Sharpes set example for generosity with a purpose
by Joe Ashley
You can call it “giving back” or “paying forward,” but for Connie Hahn Sharpe ('69) philanthropy is about doing the right thing. As she explained it, “The college has given opportunity to so many people, why not be appreciative and help the college that has helped you?” She and her husband Gary, also an Ohio State alumnus, have been supporting the College of Nursing since the 1990s when they made contributions to help students in need.
“When we started being able to do some significant giving, we decided that we would always look to the people who were trying on their own but needed a ‘hand up’,” Connie said. Their annual scholarships, which covered half of a student’s tuition, were awarded based on need rather than academic performance. “We don’t all have to be A+, 4.0 people to make a contribution,” Connie explained, “but to get there, sometimes someone needs help.”
More recently the Sharpes have been major contributors to the promotion of innovation at the College of Nursing. They provided the funds to establish the college’s mobile Innovation Studio in 2017 and support innovation-driven research projects. Their latest gift is a significant contribution to establish a permanent space for the Innovation Studio in the college’s new addition where students, faculty and staff can develop new ideas for healthcare products, services or software, using a wide range of resources and tools to take their ideas from concept to commercial reality.
The focus on innovation is a natural for the Sharpes. They are the founders of Health Care Logistics (HCL), a highly successful company specializing in manufacturing, packaging and distributing unique and hard-to-find products for the healthcare industry. From its launch in 1978, when it primarily served pharmacies, HCL has grown into an international organization that touches nearly every aspect of healthcare. “As an entrepreneur, Gary has always had an interest in innovation,” Connie said, and she sees strong ties between innovation and nursing, too. “Nurses have always had to be innovative, finding ways to adapt things … to make them work for the individual patient,” she said, adding that the Innovation Studio makes it “apparent that nursing is still that way.”

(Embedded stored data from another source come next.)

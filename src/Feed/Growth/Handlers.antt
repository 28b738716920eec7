-- ===== src/Feed/Growth/Handlers.antt =====
-- What each handler that writes does to what is on record of an incident.
use tactix.Common.{
  ℕ, String, ◌≡◌, refl, List, Option, none, some, Option-cases, Bool-cases, inl, inr, truthy,
}
use tactix.Json
use tactix.Json.{Json, member}
use tactix.Feed.{MessageRow, ChatRow, TaskRow, Tables, Handler, Reply}
use tactix.Feed.Messages.{
  submitted_row, log_found, log_warlog, save_draft, submit_message, draft_content, message_id,
  draft_message, submit_message_of, member_of,
}
use tactix.Feed.Chat.{insert_chat, post_chat, parse_chat}
use tactix.Feed.Tasks.{
  TaskPatch, post_task, parse_task, patched_task, patch_task, parse_task_patch, reply_task,
  changes_nothing,
}
use tactix.Feed.Growth.{
  Extends, Extends-append, Extends-update, MessageEvolves, MessageEvolves-refl, TaskEvolves,
  TaskEvolves-refl, Evolves, Evolves-refl, Grows, Grows-pure, Grows-throw, Grows-query,
  Grows-notify, Grows-bind,
}

Evolves-messages :
    (t : Tables) (ms : List MessageRow)
    → Extends MessageEvolves t.messages ms
    → Evolves t (record t { messages = ms })
Evolves-messages t ms h =
    let e = Evolves-refl t in record { messages = h; chat = e.chat; tasks = e.tasks; warlog = refl }

Evolves-tasks :
    (t : Tables) (ts : List TaskRow)
    → Extends TaskEvolves t.tasks ts
    → Evolves t (record t { tasks = ts })
Evolves-tasks t ts h =
    let e = Evolves-refl t in
    record { messages = e.messages; chat = e.chat; tasks = h; warlog = refl }

submitted_row-MessageEvolves : (r : MessageRow) → MessageEvolves r (submitted_row r)
submitted_row-MessageEvolves r = record {
  id = refl;
  incident = refl;
  author = refl;
  content = refl;
  since = refl;
  status = λ h. refl;
}

module _ (as_text : Json → String) (warlog_url : Option String) where
  log_warlog-Grows :
      (author content : String) → Grows (log_warlog as_text warlog_url author content)
  unfolding log_warlog
  log_warlog-Grows author content = elim (Bool-cases (truthy warlog_url)) [
    | inl set ↦ rw (log_warlog, set) (Grows-notify _)
    | inr unset ↦ rw (log_warlog, unset) (Grows-pure tt)
  ]

  log_found-Grows : (o : Option MessageRow) → Grows (log_found as_text warlog_url o)
  log_found-Grows none = Grows-pure none
  log_found-Grows (some m) =
      Grows-bind _ _ (log_warlog-Grows m.author m.content) λ _. Grows-pure (some m)

  submit_message-Grows :
      (incident : ℕ) (id : String) → Grows (submit_message as_text warlog_url incident id)
  unfolding submit_message
  submit_message-Grows incident id =
      Grows-bind _ _
        (Grows-query _ _ λ t. Evolves-messages t _ (
          Extends-update MessageEvolves _ _ MessageEvolves-refl submitted_row-MessageEvolves
            t.messages))
        log_found-Grows

  save_draft-Grows :
      (now incident : ℕ) (content : String) (author : Option String) (id : String)
      → Grows (save_draft as_text warlog_url now incident content author id)
  unfolding save_draft
  save_draft-Grows now incident content none id = Grows-throw _
  save_draft-Grows now incident content (some author) id =
      Grows-query _ _
        λ t. Evolves-messages t _ (Extends-append MessageEvolves MessageEvolves-refl t.messages _)

  draft_content-Grows :
      (content : Option Json) (accept : Json → Handler Reply)
      → ((c : Json) → Grows (accept c))
      → Grows (draft_content content accept)
  draft_content-Grows none accept g = Grows-pure _
  draft_content-Grows (some c) accept g = elim (Bool-cases (tactix.Json.truthy (some c))) [
    | inl there ↦ rw there (g c)
    | inr empty ↦ rw empty (Grows-pure _)
  ]

  message_id-Grows :
      (id : Option Json) (accept : Json → Handler Reply)
      → ((c : Json) → Grows (accept c))
      → Grows (message_id id accept)
  message_id-Grows none accept g = Grows-pure _
  message_id-Grows (some c) accept g = elim (Bool-cases (tactix.Json.truthy (some c))) [
    | inl there ↦ rw there (g c)
    | inr empty ↦ rw empty (Grows-pure _)
  ]

  pub draft_message-Grows :
      (now incident : ℕ) (body : Option Json) (sub : Option String) (id : String)
      → Grows (draft_message as_text warlog_url now incident body sub id)
  unfolding draft_message
  draft_message-Grows now incident body sub id =
      draft_content-Grows (member_of "content" body) _
        λ c. Grows-bind _ _ (save_draft-Grows now incident (as_text c) sub id) λ m. Grows-pure _

  pub submit_message_of-Grows :
      (incident : ℕ) (body : Option Json)
      → Grows (submit_message_of as_text warlog_url incident body)
  unfolding submit_message_of
  submit_message_of-Grows incident body =
      message_id-Grows (member_of "messageId" body) _
        λ id. Grows-bind _ _ (submit_message-Grows incident (as_text id)) λ m. Grows-pure _

pub post_chat-Grows :
    (now incident : ℕ) (body : Option Json) (sub : Option String) (id : String)
    → Grows (post_chat now incident body sub id)
unfolding post_chat
post_chat-Grows now incident body sub id = elim (Option-cases (parse_chat body)) [
  | inl bad ↦ rw (post_chat, bad) (Grows-pure _)
  | inr (input, good) ↦
      rw (post_chat, good)
        (Grows-bind _ _ (Grows-query _ _ (added _))
          λ m. Grows-bind _ _ (Grows-notify _) λ _. Grows-pure _)
]
  where
    added : (row : ChatRow) (t : Tables) → Evolves t (insert_chat row t).1
    added row t =
        let e = Evolves-refl t in
        record {
          messages = e.messages;
          chat = Extends-append (λ x y. y ≡ x) (λ x. refl) t.chat _;
          tasks = e.tasks;
          warlog = refl;
        }

pub post_task-Grows :
    (now incident : ℕ) (body : Option Json) (sub : Option String) (id : String)
    → Grows (post_task now incident body sub id)
unfolding post_task
post_task-Grows now incident body sub id = elim (Option-cases (parse_task body)) [
  | inl bad ↦ rw (post_task, bad) (Grows-pure _)
  | inr (input, good) ↦
      rw (post_task, good)
        (Grows-bind _ _
          (Grows-query _ _
            λ t. Evolves-tasks t _ (Extends-append TaskEvolves TaskEvolves-refl t.tasks _))
          λ m. Grows-bind _ _ (Grows-notify _) λ _. Grows-pure _)
]

reply_task-Grows :
    (incident : ℕ) (id : String) (o : Option TaskRow) → Grows (reply_task incident id o)
reply_task-Grows incident id none = Grows-pure _
reply_task-Grows incident id (some row) = Grows-bind _ _ (Grows-notify _) λ _. Grows-pure _

patched_task-TaskEvolves :
    (now : ℕ) (p : TaskPatch) (x : TaskRow) → TaskEvolves x (patched_task now p x)
patched_task-TaskEvolves now p x = record {
  id = refl;
  incident = refl;
  role = refl;
  creator = refl;
  since = refl;
}

pub patch_task-Grows :
    (now incident : ℕ) (id : String) (body : Option Json) → Grows (patch_task now incident id body)
unfolding patch_task
patch_task-Grows now incident id body = elim (Option-cases (parse_task_patch body)) [
  | inl bad ↦ rw (patch_task, bad) (Grows-pure _)
  | inr (p, good) ↦ elim (Bool-cases (changes_nothing p)) [
    | inl nothing ↦ rw (patch_task, good, nothing) (Grows-pure _)
    | inr something ↦
        rw (patch_task, good, something)
          (Grows-bind _ _
            (Grows-query _ _ λ t. Evolves-tasks t _ (
              Extends-update TaskEvolves _ _ TaskEvolves-refl (patched_task-TaskEvolves now p)
                t.tasks))
            (reply_task-Grows incident id))
  ]
]
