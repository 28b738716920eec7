-- ===== src/Feed/Growth/Steps.antt =====
-- The handlers that write, in any order and with any queries rejected.
use tactix.Common.{ℕ, String, Bool, List, Option}
use tactix.Json.{Json}
use tactix.Action.{tick}
use tactix.Feed.{Feed}
use tactix.Feed.Messages.{draft_message, submit_message_of}
use tactix.Feed.Chat.{post_chat}
use tactix.Feed.Tasks.{post_task, patch_task}
use tactix.Feed.Growth.{Evolves, Evolves-refl, Evolves-trans}
use tactix.Feed.Growth.Handlers.{
  draft_message-Grows, submit_message_of-Grows, post_chat-Grows, post_task-Grows, patch_task-Grows,
}

module _ (as_text : Json → String) (warlog_url : Option String) where
  -- A request that writes, or another oracle of the queries to come.
  pub data Step : Feed → Feed → Type 0 where
    draft_call :
        {s : Feed} (now incident : ℕ) (body : Option Json) (sub : Option String) (id : String)
        → Step s (draft_message as_text warlog_url now incident body sub id s).1
    submit_call :
        {s : Feed} (incident : ℕ) (body : Option Json)
        → Step s (submit_message_of as_text warlog_url incident body s).1
    chat_call :
        {s : Feed} (now incident : ℕ) (body : Option Json) (sub : Option String) (id : String)
        → Step s (post_chat now incident body sub id s).1
    task_call :
        {s : Feed} (now incident : ℕ) (body : Option Json) (sub : Option String) (id : String)
        → Step s (post_task now incident body sub id s).1
    patch_call :
        {s : Feed} (now incident : ℕ) (id : String) (body : Option Json)
        → Step s (patch_task now incident id body s).1
    weather : {s : Feed} (faults : List Bool) → Step s (tick s faults)

  pub data Steps : Feed → Feed → Type 0 where
    stop : {s : Feed} → Steps s s
    more : {s t u : Feed} → Step s t → Steps t u → Steps s u

  Step-Evolves : {s t : Feed} → Step s t → Evolves s.tables t.tables
  Step-Evolves (draft_call now incident body sub id) =
      (draft_message-Grows as_text warlog_url now incident body sub id).at _
  Step-Evolves (submit_call incident body) =
      (submit_message_of-Grows as_text warlog_url incident body).at _
  Step-Evolves (chat_call now incident body sub id) =
      (post_chat-Grows now incident body sub id).at _
  Step-Evolves (task_call now incident body sub id) =
      (post_task-Grows now incident body sub id).at _
  Step-Evolves (patch_call now incident id body) = (patch_task-Grows now incident id body).at _
  Step-Evolves (weather faults) = Evolves-refl _

  -- Whatever requests are made one after another, rejected queries included: messages and chat keep
  -- their authors and texts, a submitted message stays submitted, tasks keep their role and creator,
  -- and no row is removed.
  pub Steps-Evolves : {s t : Feed} → Steps s t → Evolves s.tables t.tables
  Steps-Evolves stop = Evolves-refl _
  Steps-Evolves (more a l) = Evolves-trans _ _ _ (Step-Evolves a) (Steps-Evolves l)
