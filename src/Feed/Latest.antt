-- ===== src/Feed/Latest.antt =====
-- services/incident-svc/src/routes/incidents/{tasks,chat}.ts: what the lists show.
use tactix.Common.{
  ℕ, ◌<◌, String, ◌≡◌, refl, sym, ap, ◌∙◌, Bool, true, ◌&&◌, Option, none, List, [], ◌∷◌, ◌++◌,
  keep, eqb, arith, All, All-keep, Option-cases, inl, inr,
}
use tactix.Json.{Json}
use tactix.Action.{ok}
use tactix.Action.Yields.{Yields, Yields-query, Yields-pure, Yields-notify}
use tactix.Feed.{TaskRow, Tables, Reply, task, task_rows, Feed}
use tactix.Feed.Order.{latest_first}
use tactix.Feed.Tasks.{get_tasks, post_task, parse_task}

module _ {A : Type 0} (time : A → ℕ) where
  -- What is written last is shown first.
  pub latest_first-append :
      (xs : List A) (x : A)
      → All (λ y. time y < time x) xs
      → latest_first time (xs ++ (x ∷ [])) ≡ x ∷ latest_first time xs
  unfolding latest_first
  latest_first-append [] x h = refl
  latest_first-append (y ∷ ys) x (p, h) = rw (latest_first-append ys x h) (ground arith)

keep-append :
    {A : Type 0} (p : A → Bool) (xs ys : List A) → keep p (xs ++ ys) ≡ keep p xs ++ keep p ys
keep-append p [] ys = refl
keep-append p (x ∷ xs) ys = ground (arith, keep-append p xs ys)

-- The tasks of an incident as `getTasksHandler` shows them.
abbrev pub listed : ℕ → List TaskRow → List TaskRow
listed incident rows =
    latest_first (λ r. r.updated_at) (keep (λ r. eqb r.incident_id incident && true) rows)

get_tasks-Yields :
    (incident : ℕ) (t : Tables)
    → Yields t (get_tasks none incident) (λ r left. r ≡ task_rows 200 (listed incident t.tasks))
unfolding get_tasks
get_tasks-Yields incident t = Yields-query t _ _ _ _ (Yields-pure t _ _ refl)

task_injective : {a b : TaskRow} → task 201 a ≡ task 201 b → a ≡ b
task_injective h = cc

post_task-Yields :
    (now incident : ℕ) (body : Option Json) (sub : Option String) (id : String) (row : TaskRow)
    (t : Tables)
    → Yields t (post_task now incident body sub id) (λ r left.
      r ≡ task 201 row
      → (left.tasks ≡ t.tasks ++ (row ∷ []))
        × (row.updated_at ≡ now)
        × (row.incident_id ≡ incident))
unfolding post_task
post_task-Yields now incident body sub id row t = elim (Option-cases (parse_task body)) [
  | inl bad ↦ rw (post_task, bad) (Yields-pure t _ _ (λ h. cc))
  | inr (input, good) ↦
      rw (post_task, good)
        (Yields-query t _ _ _ _ (
          Yields-notify _ _ _ _ (
            Yields-pure _ _ _ (λ h.
              let e = task_injective h in
              (
                ap (λ (x : TaskRow). t.tasks ++ (x ∷ [])) e,
                ap (λ (x : TaskRow). x.updated_at) (sym e),
                ap (λ (x : TaskRow). x.incident_id) (sym e),
              )))))
]

-- A task that postTask has answered is the first one that getTasks then shows, before all that it
-- showed earlier, if the clock is past the last change of every task.
pub get_tasks-post_task :
    (now incident : ℕ) (body : Option Json) (sub : Option String) (id : String) (s : Feed)
    (row : TaskRow) (r : Reply)
    → All (λ (x : TaskRow). x.updated_at < now) s.tables.tasks
    → (post_task now incident body sub id s).0 ≡ ok (task 201 row)
    → (get_tasks none incident (post_task now incident body sub id s).1).0 ≡ ok r
    → r ≡ task_rows 200 (row ∷ listed incident s.tables.tasks)
get_tasks-post_task now incident body sub id s row r old done shown =
    let left = (post_task now incident body sub id s).1.tables in
    let (added, new, own) =
      (post_task-Yields now incident body sub id row s.tables).at s (task 201 row) refl done refl in
    let test : TaskRow → Bool = λ x. eqb x.incident_id incident && true in
    let mine : test row ≡ true = ground arith in
    let kept : keep test left.tasks ≡ keep test s.tables.tasks ++ (row ∷ []) =
      ap (keep test) added ∙ (keep-append test s.tables.tasks (row ∷ []) ∙ rw mine refl) in
    let earlier =
      All-keep (λ (x : TaskRow). x.updated_at < row.updated_at) test s.tables.tasks (rw new old) in
    (get_tasks-Yields incident left).at (post_task now incident body sub id s).1 r refl shown
    ∙ ap (task_rows 200) (
        ap (latest_first (λ (x : TaskRow). x.updated_at)) kept
        ∙ latest_first-append (λ (x : TaskRow). x.updated_at) (keep test s.tables.tasks) row
            earlier)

Connie's nursing experience includes work at what was then University Hospital for several years after graduation and service later at Berger Hospital in Circleville. Although she and Gary met in their freshman year at Ohio State, she said they “didn’t really connect until after graduation.” She attributes part of their commitment to philanthropy to their religious faith. “We were brought up in the church and know how important tithing is, so we have tried to hold to that value.” The couple’s generosity isn’t limited to Ohio State: They also support a youth and family treatment center in Richmond, Indiana, and Connie generously gives her time to service activities in Naples, Florida, where the Sharpes now reside.